* **Brief**
Give the number of lines in the records below that hold "every"; nothing else is needed.
=== Section Start ===
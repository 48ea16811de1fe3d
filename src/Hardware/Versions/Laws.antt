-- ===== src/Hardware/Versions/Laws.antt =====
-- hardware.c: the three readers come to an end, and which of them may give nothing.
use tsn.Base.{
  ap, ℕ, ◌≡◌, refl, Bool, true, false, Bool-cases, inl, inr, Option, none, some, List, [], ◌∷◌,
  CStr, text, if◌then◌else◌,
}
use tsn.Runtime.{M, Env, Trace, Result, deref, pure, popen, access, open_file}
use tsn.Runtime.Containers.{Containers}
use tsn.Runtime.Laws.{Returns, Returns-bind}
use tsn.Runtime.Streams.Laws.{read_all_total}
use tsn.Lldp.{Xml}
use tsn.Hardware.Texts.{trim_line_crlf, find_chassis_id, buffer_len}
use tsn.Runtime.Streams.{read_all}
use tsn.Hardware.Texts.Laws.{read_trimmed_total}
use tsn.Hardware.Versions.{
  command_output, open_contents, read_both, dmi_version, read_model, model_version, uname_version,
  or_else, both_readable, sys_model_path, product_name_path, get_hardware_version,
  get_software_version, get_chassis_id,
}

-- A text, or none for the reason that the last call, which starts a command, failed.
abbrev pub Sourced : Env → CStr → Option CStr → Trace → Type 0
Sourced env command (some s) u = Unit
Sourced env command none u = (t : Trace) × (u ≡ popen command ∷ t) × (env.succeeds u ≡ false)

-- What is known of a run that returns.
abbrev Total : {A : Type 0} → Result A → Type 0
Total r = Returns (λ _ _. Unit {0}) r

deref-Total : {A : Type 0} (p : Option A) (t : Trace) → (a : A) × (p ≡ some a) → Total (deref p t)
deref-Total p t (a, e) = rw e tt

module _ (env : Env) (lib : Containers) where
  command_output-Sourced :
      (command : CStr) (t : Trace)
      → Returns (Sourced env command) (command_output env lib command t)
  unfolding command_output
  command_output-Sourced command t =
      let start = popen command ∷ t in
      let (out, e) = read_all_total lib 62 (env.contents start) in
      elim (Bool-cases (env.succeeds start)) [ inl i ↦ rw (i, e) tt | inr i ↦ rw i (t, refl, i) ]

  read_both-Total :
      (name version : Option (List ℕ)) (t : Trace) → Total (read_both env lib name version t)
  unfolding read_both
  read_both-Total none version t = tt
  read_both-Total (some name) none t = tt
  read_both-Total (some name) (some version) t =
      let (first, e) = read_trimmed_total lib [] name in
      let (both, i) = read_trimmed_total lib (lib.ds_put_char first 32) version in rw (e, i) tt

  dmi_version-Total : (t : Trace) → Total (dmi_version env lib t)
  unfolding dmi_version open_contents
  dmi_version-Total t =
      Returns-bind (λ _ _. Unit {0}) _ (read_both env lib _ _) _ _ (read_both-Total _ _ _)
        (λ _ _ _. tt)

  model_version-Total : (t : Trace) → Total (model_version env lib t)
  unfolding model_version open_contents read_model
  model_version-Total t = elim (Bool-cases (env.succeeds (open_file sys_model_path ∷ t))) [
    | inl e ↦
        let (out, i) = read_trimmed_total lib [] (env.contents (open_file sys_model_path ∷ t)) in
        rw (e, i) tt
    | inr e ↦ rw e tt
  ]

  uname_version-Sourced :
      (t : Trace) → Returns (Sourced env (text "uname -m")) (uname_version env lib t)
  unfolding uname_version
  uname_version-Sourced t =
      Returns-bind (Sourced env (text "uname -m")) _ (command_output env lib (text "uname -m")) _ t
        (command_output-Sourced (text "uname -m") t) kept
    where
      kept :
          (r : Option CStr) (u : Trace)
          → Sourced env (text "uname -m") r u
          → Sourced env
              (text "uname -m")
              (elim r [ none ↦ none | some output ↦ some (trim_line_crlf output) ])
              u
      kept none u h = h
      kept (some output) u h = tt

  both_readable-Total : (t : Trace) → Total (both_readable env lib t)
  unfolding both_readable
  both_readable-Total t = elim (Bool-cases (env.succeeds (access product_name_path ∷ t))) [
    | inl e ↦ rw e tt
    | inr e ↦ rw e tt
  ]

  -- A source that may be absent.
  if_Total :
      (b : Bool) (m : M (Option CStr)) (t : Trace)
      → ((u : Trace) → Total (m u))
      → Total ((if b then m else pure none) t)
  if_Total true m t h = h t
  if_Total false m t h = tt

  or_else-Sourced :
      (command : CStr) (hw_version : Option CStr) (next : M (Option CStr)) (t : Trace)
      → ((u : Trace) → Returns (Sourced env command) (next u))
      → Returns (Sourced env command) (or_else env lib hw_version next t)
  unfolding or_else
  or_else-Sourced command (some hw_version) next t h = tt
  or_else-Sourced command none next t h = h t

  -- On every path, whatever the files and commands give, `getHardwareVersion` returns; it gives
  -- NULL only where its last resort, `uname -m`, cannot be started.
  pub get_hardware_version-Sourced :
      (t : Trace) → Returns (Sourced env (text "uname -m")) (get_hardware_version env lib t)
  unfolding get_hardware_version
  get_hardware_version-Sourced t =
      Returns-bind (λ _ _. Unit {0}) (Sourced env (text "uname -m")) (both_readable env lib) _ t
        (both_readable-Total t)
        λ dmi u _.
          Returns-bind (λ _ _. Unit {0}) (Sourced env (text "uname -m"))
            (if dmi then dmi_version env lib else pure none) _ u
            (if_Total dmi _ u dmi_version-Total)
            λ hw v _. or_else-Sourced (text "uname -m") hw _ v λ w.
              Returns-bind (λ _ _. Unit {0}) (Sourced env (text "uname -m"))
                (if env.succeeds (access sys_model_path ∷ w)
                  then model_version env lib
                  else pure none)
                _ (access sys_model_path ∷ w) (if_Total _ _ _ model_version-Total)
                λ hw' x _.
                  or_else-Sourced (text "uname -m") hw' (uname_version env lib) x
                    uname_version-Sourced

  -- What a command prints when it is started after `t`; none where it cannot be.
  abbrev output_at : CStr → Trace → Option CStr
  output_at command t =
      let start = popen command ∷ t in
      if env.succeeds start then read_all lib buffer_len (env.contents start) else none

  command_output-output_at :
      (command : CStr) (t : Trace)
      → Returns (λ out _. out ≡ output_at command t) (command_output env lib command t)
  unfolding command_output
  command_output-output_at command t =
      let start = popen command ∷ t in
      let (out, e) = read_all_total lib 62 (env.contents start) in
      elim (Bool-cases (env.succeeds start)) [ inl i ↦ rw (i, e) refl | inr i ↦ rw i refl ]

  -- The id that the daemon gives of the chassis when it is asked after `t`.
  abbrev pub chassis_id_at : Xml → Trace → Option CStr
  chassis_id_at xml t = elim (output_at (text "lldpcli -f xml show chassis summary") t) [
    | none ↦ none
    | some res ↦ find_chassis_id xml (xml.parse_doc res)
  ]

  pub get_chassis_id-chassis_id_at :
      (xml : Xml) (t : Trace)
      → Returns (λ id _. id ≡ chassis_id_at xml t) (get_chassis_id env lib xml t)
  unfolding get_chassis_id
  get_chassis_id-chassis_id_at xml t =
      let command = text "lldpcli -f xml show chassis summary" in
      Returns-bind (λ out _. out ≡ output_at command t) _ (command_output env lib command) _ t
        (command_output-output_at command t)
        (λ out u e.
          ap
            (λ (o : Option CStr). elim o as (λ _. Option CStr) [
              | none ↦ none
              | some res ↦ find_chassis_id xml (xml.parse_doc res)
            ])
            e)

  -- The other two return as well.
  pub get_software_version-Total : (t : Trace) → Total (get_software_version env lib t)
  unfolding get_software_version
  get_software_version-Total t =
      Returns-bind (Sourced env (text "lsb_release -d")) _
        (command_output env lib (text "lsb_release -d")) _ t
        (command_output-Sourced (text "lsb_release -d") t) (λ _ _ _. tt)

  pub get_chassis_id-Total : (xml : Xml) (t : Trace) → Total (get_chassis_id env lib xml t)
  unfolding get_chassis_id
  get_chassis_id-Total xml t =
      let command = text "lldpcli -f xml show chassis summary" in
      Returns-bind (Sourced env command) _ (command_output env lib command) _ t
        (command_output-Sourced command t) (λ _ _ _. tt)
=== Section End ===
=== Section Start ===
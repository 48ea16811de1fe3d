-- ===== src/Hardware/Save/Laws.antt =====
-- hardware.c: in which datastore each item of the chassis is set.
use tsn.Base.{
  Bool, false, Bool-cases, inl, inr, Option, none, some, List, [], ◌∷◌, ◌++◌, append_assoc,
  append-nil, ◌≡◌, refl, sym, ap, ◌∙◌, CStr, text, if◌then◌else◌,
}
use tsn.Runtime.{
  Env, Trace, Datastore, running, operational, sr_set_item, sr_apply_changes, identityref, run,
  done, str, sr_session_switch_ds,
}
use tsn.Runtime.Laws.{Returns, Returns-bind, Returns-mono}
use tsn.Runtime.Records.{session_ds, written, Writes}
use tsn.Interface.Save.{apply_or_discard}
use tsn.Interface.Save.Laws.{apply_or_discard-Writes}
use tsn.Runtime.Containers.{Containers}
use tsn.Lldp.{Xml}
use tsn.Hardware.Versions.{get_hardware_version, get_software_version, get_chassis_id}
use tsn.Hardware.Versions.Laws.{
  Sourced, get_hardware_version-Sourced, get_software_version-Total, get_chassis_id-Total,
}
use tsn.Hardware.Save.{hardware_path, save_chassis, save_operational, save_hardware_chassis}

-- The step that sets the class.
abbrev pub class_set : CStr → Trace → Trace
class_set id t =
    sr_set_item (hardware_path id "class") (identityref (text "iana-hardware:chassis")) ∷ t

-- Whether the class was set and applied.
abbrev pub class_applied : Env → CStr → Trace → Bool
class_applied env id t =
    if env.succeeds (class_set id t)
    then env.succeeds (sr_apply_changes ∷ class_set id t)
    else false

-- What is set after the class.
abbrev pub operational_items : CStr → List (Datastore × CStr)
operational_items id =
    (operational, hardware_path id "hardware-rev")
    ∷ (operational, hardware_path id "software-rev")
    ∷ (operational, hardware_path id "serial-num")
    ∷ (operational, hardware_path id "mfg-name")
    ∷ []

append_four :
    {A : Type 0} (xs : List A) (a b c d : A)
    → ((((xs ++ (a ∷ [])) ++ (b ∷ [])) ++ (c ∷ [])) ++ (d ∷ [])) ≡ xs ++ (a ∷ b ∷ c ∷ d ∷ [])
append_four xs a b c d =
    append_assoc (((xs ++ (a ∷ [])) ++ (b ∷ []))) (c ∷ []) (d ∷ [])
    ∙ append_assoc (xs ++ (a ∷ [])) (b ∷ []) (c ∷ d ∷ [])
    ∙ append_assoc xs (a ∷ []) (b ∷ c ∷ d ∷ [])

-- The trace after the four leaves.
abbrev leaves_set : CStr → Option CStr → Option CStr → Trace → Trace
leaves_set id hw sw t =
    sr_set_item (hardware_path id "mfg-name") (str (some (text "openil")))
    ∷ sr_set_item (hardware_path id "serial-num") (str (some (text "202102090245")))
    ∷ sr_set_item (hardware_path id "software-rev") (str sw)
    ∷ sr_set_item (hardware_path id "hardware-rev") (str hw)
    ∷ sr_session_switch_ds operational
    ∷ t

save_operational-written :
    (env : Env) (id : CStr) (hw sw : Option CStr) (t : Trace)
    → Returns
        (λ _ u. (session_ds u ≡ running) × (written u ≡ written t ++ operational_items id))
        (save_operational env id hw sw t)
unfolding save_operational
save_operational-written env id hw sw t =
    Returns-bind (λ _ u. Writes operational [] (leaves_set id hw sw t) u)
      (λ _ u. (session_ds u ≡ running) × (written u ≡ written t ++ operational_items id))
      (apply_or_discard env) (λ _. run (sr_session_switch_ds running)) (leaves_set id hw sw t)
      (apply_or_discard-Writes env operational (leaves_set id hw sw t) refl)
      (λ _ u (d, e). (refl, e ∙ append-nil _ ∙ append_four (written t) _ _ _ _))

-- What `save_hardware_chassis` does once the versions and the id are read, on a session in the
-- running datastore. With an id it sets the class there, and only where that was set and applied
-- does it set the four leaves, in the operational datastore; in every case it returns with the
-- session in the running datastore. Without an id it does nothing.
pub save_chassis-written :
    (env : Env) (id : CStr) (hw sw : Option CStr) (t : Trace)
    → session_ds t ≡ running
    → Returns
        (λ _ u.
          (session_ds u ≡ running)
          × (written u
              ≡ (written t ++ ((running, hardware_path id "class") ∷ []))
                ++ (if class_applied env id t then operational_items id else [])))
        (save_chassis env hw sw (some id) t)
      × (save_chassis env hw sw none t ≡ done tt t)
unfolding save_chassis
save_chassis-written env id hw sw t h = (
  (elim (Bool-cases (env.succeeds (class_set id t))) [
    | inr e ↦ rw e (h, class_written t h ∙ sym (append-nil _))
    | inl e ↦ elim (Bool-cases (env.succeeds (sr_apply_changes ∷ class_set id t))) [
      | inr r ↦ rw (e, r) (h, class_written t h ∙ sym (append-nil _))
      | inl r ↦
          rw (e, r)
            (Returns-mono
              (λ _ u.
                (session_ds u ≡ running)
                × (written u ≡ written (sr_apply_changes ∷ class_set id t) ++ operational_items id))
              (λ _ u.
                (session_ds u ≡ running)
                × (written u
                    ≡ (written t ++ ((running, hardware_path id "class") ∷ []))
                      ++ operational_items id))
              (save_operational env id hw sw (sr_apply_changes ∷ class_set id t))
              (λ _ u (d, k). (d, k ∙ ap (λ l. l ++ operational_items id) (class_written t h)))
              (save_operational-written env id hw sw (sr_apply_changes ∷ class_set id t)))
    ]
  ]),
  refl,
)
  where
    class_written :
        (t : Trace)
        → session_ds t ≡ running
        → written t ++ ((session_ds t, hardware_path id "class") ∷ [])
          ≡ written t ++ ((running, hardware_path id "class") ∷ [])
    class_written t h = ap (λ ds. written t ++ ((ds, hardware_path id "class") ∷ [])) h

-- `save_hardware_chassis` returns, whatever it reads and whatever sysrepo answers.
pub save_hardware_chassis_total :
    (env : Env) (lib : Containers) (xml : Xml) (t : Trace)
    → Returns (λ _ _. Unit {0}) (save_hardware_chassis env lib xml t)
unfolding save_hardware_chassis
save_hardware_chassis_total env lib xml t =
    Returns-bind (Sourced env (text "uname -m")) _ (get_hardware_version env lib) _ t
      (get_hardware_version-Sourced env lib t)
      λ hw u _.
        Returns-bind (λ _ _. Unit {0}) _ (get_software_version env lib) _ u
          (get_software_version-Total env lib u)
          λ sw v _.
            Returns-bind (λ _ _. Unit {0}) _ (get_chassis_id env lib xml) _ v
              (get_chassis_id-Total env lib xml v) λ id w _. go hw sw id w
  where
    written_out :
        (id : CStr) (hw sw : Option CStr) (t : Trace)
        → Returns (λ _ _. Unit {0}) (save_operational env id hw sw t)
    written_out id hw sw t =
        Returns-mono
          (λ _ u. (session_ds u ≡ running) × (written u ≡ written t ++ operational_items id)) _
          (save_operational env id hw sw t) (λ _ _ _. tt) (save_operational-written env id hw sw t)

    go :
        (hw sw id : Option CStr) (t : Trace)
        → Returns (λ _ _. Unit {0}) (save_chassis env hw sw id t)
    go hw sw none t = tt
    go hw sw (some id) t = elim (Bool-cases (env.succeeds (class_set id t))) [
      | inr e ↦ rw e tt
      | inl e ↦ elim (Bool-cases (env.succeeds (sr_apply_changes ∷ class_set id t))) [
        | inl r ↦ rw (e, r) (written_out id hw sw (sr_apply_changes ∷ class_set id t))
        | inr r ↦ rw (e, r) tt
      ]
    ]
=== Section End ===
* **Solution**
2